[Start of section]
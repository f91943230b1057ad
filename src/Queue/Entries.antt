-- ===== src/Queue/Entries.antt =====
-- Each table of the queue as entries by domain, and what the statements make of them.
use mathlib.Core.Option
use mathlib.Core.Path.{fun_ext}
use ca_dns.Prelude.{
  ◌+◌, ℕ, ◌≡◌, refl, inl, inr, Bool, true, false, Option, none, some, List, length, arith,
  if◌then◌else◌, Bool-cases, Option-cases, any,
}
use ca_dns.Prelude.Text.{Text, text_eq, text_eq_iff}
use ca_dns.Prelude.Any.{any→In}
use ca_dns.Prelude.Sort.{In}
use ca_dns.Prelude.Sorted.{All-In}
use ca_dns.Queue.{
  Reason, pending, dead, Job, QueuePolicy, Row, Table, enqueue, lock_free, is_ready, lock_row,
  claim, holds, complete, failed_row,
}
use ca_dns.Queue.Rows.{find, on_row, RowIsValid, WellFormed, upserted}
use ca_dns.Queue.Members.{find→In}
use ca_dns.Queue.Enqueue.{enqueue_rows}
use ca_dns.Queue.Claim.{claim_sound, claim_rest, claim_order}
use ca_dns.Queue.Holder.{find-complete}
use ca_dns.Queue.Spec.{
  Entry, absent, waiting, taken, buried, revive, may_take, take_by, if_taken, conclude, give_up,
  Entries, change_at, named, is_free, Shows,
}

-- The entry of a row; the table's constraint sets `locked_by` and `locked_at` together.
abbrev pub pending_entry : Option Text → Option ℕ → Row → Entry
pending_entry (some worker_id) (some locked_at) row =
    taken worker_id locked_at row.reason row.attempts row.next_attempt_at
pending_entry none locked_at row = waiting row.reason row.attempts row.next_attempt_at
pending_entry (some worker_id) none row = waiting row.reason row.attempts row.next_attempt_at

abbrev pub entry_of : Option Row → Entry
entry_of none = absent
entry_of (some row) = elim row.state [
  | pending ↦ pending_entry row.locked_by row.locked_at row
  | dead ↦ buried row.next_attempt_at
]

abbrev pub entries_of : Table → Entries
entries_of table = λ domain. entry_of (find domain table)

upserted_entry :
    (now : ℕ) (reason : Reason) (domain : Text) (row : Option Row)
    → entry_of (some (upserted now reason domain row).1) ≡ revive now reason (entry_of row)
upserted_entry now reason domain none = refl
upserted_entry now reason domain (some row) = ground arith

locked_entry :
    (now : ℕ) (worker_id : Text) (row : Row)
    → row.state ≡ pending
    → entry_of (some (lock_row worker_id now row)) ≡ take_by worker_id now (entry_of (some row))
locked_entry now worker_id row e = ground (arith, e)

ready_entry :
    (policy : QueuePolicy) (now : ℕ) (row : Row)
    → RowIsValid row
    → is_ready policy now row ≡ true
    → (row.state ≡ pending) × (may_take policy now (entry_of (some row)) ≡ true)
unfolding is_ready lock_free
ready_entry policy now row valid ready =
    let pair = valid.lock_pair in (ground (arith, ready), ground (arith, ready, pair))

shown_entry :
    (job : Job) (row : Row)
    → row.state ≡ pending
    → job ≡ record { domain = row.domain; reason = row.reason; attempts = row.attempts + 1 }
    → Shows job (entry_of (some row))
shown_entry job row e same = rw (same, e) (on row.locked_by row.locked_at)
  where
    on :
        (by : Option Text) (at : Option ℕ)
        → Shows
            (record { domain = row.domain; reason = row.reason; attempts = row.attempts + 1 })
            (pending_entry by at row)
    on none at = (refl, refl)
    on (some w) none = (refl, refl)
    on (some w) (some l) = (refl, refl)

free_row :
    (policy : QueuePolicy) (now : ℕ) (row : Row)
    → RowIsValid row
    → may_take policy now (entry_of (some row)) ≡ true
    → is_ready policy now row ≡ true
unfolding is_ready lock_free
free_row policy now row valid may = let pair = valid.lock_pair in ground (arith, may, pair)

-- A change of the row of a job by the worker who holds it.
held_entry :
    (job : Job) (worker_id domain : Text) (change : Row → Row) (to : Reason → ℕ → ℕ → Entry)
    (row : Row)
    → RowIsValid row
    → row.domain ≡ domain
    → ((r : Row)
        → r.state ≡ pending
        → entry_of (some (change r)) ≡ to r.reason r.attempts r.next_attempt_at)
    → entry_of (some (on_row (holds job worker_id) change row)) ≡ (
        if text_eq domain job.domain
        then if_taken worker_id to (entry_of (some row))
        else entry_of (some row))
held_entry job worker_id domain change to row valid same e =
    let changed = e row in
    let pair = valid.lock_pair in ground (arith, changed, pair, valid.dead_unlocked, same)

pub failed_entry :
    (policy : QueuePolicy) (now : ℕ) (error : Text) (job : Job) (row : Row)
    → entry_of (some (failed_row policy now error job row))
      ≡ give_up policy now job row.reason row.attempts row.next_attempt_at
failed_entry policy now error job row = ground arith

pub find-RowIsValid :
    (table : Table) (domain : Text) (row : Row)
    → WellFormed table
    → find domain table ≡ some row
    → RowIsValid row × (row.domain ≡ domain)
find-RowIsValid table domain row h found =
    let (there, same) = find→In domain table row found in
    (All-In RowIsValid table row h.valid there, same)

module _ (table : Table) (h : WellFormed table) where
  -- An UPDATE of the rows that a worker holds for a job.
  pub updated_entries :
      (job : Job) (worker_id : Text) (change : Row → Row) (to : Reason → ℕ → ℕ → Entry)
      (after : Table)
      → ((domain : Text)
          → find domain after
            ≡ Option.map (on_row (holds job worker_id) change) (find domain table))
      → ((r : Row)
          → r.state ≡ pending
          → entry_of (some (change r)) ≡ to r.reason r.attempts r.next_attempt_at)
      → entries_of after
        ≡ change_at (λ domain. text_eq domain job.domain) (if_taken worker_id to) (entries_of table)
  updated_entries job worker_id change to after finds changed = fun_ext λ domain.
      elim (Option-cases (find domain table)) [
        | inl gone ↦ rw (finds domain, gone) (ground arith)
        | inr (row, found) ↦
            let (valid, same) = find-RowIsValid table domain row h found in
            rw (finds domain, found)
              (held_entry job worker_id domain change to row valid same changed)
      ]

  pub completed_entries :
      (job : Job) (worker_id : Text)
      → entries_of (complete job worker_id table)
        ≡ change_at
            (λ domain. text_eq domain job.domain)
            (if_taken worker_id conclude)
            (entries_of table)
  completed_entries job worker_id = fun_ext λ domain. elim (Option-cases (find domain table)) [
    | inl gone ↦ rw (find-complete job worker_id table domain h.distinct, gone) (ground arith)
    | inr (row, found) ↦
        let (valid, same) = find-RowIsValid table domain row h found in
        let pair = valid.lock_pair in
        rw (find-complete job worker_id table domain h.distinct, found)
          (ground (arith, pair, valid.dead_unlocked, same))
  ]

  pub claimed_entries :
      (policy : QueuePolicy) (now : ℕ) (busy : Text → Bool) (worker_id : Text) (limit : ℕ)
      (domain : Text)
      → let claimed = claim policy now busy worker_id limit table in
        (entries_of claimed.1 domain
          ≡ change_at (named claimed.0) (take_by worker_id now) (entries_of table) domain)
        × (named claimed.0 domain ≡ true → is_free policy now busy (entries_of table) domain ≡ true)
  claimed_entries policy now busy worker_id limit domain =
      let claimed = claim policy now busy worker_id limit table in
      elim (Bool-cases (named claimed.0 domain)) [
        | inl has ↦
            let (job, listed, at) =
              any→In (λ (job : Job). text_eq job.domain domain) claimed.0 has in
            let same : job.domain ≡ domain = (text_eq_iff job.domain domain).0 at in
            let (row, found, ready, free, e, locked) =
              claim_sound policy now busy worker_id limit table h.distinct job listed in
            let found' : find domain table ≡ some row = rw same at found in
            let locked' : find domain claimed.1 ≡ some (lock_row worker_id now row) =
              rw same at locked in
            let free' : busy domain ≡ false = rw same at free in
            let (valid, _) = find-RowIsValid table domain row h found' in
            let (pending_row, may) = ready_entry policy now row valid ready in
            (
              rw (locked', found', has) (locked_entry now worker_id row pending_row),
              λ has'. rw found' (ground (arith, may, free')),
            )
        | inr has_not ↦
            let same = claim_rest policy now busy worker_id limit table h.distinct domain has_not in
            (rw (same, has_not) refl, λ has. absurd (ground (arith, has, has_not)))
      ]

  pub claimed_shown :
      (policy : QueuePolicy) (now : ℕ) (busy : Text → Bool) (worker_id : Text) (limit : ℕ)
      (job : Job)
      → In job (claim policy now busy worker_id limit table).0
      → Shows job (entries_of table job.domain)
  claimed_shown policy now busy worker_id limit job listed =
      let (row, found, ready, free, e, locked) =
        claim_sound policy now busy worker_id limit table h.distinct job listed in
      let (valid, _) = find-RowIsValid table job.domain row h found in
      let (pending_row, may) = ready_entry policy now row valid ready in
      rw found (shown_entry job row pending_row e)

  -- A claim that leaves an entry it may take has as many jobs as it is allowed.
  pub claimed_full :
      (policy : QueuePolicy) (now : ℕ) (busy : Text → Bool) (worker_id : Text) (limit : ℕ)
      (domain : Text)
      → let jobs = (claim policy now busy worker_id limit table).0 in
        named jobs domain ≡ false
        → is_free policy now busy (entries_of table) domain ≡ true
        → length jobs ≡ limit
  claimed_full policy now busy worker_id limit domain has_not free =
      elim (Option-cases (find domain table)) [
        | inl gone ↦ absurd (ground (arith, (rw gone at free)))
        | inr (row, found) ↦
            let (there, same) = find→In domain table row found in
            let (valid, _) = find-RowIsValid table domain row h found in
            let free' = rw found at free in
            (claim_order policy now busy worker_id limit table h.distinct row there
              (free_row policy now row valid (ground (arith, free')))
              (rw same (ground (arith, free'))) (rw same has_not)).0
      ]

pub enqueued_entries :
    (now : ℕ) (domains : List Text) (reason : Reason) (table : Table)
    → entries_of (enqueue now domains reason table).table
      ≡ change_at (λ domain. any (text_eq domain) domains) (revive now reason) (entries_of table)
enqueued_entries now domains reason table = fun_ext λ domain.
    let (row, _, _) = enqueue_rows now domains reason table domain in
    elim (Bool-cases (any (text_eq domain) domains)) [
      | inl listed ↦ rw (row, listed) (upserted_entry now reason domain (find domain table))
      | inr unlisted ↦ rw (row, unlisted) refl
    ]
[End of section]
[Start of section]
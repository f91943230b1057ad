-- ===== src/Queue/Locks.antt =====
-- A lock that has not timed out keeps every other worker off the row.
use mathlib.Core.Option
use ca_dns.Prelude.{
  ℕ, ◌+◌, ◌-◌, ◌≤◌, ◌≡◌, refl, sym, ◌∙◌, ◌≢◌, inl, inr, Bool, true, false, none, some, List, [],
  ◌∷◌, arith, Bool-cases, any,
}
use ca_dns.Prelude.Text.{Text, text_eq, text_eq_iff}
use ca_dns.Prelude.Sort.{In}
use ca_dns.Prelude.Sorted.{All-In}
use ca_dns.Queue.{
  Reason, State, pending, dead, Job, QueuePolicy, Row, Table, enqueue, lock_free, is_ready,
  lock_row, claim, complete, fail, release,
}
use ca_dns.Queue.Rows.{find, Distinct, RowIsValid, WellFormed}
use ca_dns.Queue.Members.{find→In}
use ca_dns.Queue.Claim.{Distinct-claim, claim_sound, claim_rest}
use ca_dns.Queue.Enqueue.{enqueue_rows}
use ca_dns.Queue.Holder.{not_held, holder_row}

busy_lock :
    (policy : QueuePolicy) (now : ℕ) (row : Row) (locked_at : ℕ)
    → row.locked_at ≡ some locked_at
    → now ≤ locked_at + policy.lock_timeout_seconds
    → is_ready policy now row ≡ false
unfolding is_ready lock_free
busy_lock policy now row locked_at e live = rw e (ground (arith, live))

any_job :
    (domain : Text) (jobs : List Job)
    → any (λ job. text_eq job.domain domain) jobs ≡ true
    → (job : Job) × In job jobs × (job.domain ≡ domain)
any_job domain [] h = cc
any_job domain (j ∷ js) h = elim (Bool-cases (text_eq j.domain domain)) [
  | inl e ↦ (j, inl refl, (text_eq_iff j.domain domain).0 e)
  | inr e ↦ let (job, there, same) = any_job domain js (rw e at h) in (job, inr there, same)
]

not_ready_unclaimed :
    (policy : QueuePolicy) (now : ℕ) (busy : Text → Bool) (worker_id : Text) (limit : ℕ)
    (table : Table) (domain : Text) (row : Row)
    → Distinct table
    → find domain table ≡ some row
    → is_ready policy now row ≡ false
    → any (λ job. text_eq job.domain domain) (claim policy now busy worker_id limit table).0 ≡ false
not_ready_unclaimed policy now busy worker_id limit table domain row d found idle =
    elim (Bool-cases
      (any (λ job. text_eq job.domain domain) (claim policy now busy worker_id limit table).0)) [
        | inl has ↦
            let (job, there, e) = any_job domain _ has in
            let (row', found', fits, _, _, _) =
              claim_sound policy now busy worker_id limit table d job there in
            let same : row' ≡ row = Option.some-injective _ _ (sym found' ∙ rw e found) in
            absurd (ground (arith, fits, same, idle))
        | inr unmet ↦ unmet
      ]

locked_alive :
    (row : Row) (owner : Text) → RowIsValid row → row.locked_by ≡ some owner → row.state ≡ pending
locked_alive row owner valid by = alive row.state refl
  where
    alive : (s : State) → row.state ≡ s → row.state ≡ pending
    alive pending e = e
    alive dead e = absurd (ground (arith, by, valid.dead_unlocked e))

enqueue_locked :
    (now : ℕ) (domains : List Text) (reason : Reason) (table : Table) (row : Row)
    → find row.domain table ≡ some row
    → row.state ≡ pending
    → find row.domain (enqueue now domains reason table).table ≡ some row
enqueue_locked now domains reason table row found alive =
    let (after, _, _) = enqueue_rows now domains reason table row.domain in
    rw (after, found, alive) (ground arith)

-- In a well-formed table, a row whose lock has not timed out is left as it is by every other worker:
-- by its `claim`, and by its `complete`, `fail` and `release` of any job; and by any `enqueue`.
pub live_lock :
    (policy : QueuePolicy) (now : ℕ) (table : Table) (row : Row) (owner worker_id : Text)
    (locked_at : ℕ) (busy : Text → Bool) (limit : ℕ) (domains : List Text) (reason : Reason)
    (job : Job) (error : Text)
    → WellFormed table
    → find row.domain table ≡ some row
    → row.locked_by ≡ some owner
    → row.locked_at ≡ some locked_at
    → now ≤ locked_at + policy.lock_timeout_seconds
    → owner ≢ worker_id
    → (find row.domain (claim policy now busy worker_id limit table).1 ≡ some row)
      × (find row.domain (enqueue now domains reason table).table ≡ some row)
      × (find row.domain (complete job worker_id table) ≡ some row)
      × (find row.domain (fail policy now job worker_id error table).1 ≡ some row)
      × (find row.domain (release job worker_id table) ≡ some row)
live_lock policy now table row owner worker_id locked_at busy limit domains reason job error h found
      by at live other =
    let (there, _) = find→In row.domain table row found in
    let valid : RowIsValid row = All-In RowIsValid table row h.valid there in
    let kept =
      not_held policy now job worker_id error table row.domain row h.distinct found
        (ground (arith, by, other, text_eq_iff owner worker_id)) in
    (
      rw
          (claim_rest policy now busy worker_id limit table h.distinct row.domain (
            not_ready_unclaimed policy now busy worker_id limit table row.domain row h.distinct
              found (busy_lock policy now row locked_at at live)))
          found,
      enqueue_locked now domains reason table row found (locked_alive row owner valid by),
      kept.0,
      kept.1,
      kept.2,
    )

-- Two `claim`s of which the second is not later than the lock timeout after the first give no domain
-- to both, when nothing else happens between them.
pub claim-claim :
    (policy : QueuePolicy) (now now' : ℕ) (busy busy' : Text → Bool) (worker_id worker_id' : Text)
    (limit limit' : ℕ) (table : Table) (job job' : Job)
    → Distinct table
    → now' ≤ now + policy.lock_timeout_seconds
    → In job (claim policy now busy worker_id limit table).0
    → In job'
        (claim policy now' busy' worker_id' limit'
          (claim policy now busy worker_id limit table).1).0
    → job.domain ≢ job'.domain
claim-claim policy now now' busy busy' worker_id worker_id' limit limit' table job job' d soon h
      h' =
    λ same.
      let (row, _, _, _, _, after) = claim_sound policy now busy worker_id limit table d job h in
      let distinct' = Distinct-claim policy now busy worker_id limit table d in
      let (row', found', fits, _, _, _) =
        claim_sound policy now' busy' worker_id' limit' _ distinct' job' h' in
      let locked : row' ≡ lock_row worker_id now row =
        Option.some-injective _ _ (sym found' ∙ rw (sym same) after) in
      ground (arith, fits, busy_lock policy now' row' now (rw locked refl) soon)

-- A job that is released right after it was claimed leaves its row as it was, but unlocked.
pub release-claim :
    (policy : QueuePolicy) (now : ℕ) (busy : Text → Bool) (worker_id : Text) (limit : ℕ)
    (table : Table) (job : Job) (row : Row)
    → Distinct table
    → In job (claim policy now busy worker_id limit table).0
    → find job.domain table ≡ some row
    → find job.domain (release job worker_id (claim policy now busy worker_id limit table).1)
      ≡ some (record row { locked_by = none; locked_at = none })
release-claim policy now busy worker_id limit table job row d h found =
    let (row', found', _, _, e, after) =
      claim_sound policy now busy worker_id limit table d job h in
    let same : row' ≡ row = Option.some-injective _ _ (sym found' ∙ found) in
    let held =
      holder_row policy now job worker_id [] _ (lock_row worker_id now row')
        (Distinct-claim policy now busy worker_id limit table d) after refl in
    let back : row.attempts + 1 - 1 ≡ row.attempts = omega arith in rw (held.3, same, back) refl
[End of section]
— AIM OF THE EXERCISE —
Report how many lines above include "jobs". Nothing else.

— ANSWER —
7